■ Exercise goal
Repeat every record exactly as given.

Saved entries:
::::::

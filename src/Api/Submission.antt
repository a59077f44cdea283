-- ===== src/Api/Submission.antt =====
-- internal/app/queue.go: `addQueueItem`, and every request for the queue as one type.
use raspi_media_player.Base.{
  String, Bool, true, false, Option, none, some, List, ltb, if◌then◌else◌, trim, is_space,
  byte_length,
}
use raspi_media_player.Queue.Rows.{Db, Item, Snapshot, Result, ok, err, UserRow}
use raspi_media_player.Queue.Store.{Addition, add_source_titled}
use raspi_media_player.Api.Limiter.{allow}
use raspi_media_player.Api.Requests.{
  Identity, Request, Response, error_response, page_response, Classification, classified,
  unsupported, invalid, Server, client_ip, queue_error, plain,
}
use raspi_media_player.Api.Handlers.{
  get_queue, skip_queue_item, withdraw_skip_vote, remove_queue_item, withdraw_removal_vote,
  reorder_queue, clear_queue,
}

pub record AddQueueRequest : Type 0 where
  pub url : String
  pub title : String
  pub display_name : String

abbrev pub user_of : Option Identity → Option UserRow
user_of none = none
user_of (some identity) = some (record { user_id = identity.user_id; username = identity.username })

unfoldable pub submitted : Result (Db × Snapshot × Item) → Server → Server × Response
submitted (err e) s = (s, queue_error e)
submitted (ok (db, snap, item)) s = (record s { db = db }, page_response 201 (plain snap))

-- The submission of a classified url. The fresh id and the time of the row are arguments.
abbrev pub addition_of : String → String → String → AddQueueRequest → Request → Server → Addition
addition_of id at kind body r s = record {
  id = id;
  now = at;
  source_kind = kind;
  url = trim is_space body.url;
  title = trim is_space body.title;
  display_name = trim is_space body.display_name;
  user = user_of r.identity;
  limit = s.queue_limit;
}

unfoldable pub submit_classified :
    Classification → String → String → AddQueueRequest → Request → Server → Server × Response
unfolding submitted
submit_classified unsupported id at body r s = (s, error_response 422 "unsupported_source")
submit_classified invalid id at body r s = (s, error_response 422 "invalid_url")
submit_classified (classified kind) id at body r s =
    if ltb 64 (byte_length (trim is_space body.display_name))
    then (s, error_response 422 "display_name_too_long")
    else (if ltb 240 (byte_length (trim is_space body.title))
        then (s, error_response 422 "title_too_long")
        else submitted (add_source_titled (addition_of id at kind body r s) s.db) s)

abbrev pub submit_allowed :
    Bool → String → String → Option AddQueueRequest → Request → Server → Server × Response
submit_allowed false id at body r s = (s, error_response 429 "rate_limited")
submit_allowed true id at none r s = (s, error_response 400 "invalid_request")
submit_allowed true id at (some body) r s =
    submit_classified (s.classify (trim is_space body.url)) id at body r s

unfoldable pub add_queue_item :
    String → String → Option AddQueueRequest → Request → Server → Server × Response
unfolding submit_classified
add_queue_item id at body r s =
    let (limiter, allowed) = allow (client_ip r) r.now s.limiter in
    submit_allowed allowed id at body r (record s { limiter = limiter })

-- The requests for the queue, with their path values and bodies.
pub data Endpoint : Type 0 where
  gets_queue clears_queue skips_item withdraws_skip : Endpoint
  removes_item withdraws_removal : String → Endpoint
  reorders_queue : Option (List String) → Endpoint
  adds_item : String → String → Option AddQueueRequest → Endpoint

unfoldable pub handle : Endpoint → Request → Server → Server × Response
handle gets_queue r s = get_queue r s
handle clears_queue r s = clear_queue r s
handle skips_item r s = skip_queue_item r s
handle withdraws_skip r s = withdraw_skip_vote r s
handle (removes_item id) r s = remove_queue_item id r s
handle (withdraws_removal id) r s = withdraw_removal_vote id r s
handle (reorders_queue body) r s = reorder_queue body r s
handle (adds_item id at body) r s = add_queue_item id at body r s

::::::

■ Expected output
filename src/Api/Submission.antt
repository a59077f44cdea283
-- ===== src/Api/Submission.antt =====
-- internal/app/queue.go: `addQueueItem`, and every request for the queue as one type.
use raspi_media_player.Base.{
  String, Bool, true, false, Option, none, some, List, ltb, if◌then◌else◌, trim, is_space,
  byte_length,
}
use raspi_media_player.Queue.Rows.{Db, Item, Snapshot, Result, ok, err, UserRow}
use raspi_media_player.Queue.Store.{Addition, add_source_titled}
use raspi_media_player.Api.Limiter.{allow}
use raspi_media_player.Api.Requests.{
  Identity, Request, Response, error_response, page_response, Classification, classified,
  unsupported, invalid, Server, client_ip, queue_error, plain,
}
use raspi_media_player.Api.Handlers.{
  get_queue, skip_queue_item, withdraw_skip_vote, remove_queue_item, withdraw_removal_vote,
  reorder_queue, clear_queue,
}

pub record AddQueueRequest : Type 0 where
  pub url : String
  pub title : String
  pub display_name : String

abbrev pub user_of : Option Identity → Option UserRow
user_of none = none
user_of (some identity) = some (record { user_id = identity.user_id; username = identity.username })

unfoldable pub submitted : Result (Db × Snapshot × Item) → Server → Server × Response
submitted (err e) s = (s, queue_error e)
submitted (ok (db, snap, item)) s = (record s { db = db }, page_response 201 (plain snap))

-- The submission of a classified url. The fresh id and the time of the row are arguments.
abbrev pub addition_of : String → String → String → AddQueueRequest → Request → Server → Addition
addition_of id at kind body r s = record {
  id = id;
  now = at;
  source_kind = kind;
  url = trim is_space body.url;
  title = trim is_space body.title;
  display_name = trim is_space body.display_name;
  user = user_of r.identity;
  limit = s.queue_limit;
}

unfoldable pub submit_classified :
    Classification → String → String → AddQueueRequest → Request → Server → Server × Response
unfolding submitted
submit_classified unsupported id at body r s = (s, error_response 422 "unsupported_source")
submit_classified invalid id at body r s = (s, error_response 422 "invalid_url")
submit_classified (classified kind) id at body r s =
    if ltb 64 (byte_length (trim is_space body.display_name))
    then (s, error_response 422 "display_name_too_long")
    else (if ltb 240 (byte_length (trim is_space body.title))
        then (s, error_response 422 "title_too_long")
        else submitted (add_source_titled (addition_of id at kind body r s) s.db) s)

abbrev pub submit_allowed :
    Bool → String → String → Option AddQueueRequest → Request → Server → Server × Response
submit_allowed false id at body r s = (s, error_response 429 "rate_limited")
submit_allowed true id at none r s = (s, error_response 400 "invalid_request")
submit_allowed true id at (some body) r s =
    submit_classified (s.classify (trim is_space body.url)) id at body r s

unfoldable pub add_queue_item :
    String → String → Option AddQueueRequest → Request → Server → Server × Response
unfolding submit_classified
add_queue_item id at body r s =
    let (limiter, allowed) = allow (client_ip r) r.now s.limiter in
    submit_allowed allowed id at body r (record s { limiter = limiter })

-- The requests for the queue, with their path values and bodies.
pub data Endpoint : Type 0 where
  gets_queue clears_queue skips_item withdraws_skip : Endpoint
  removes_item withdraws_removal : String → Endpoint
  reorders_queue : Option (List String) → Endpoint
  adds_item : String → String → Option AddQueueRequest → Endpoint

unfoldable pub handle : Endpoint → Request → Server → Server × Response
handle gets_queue r s = get_queue r s
handle clears_queue r s = clear_queue r s
handle skips_item r s = skip_queue_item r s
handle withdraws_skip r s = withdraw_skip_vote r s
handle (removes_item id) r s = remove_queue_item id r s
handle (withdraws_removal id) r s = withdraw_removal_vote id r s
handle (reorders_queue body) r s = reorder_queue body r s
handle (adds_item id at body) r s = add_queue_item id at body r s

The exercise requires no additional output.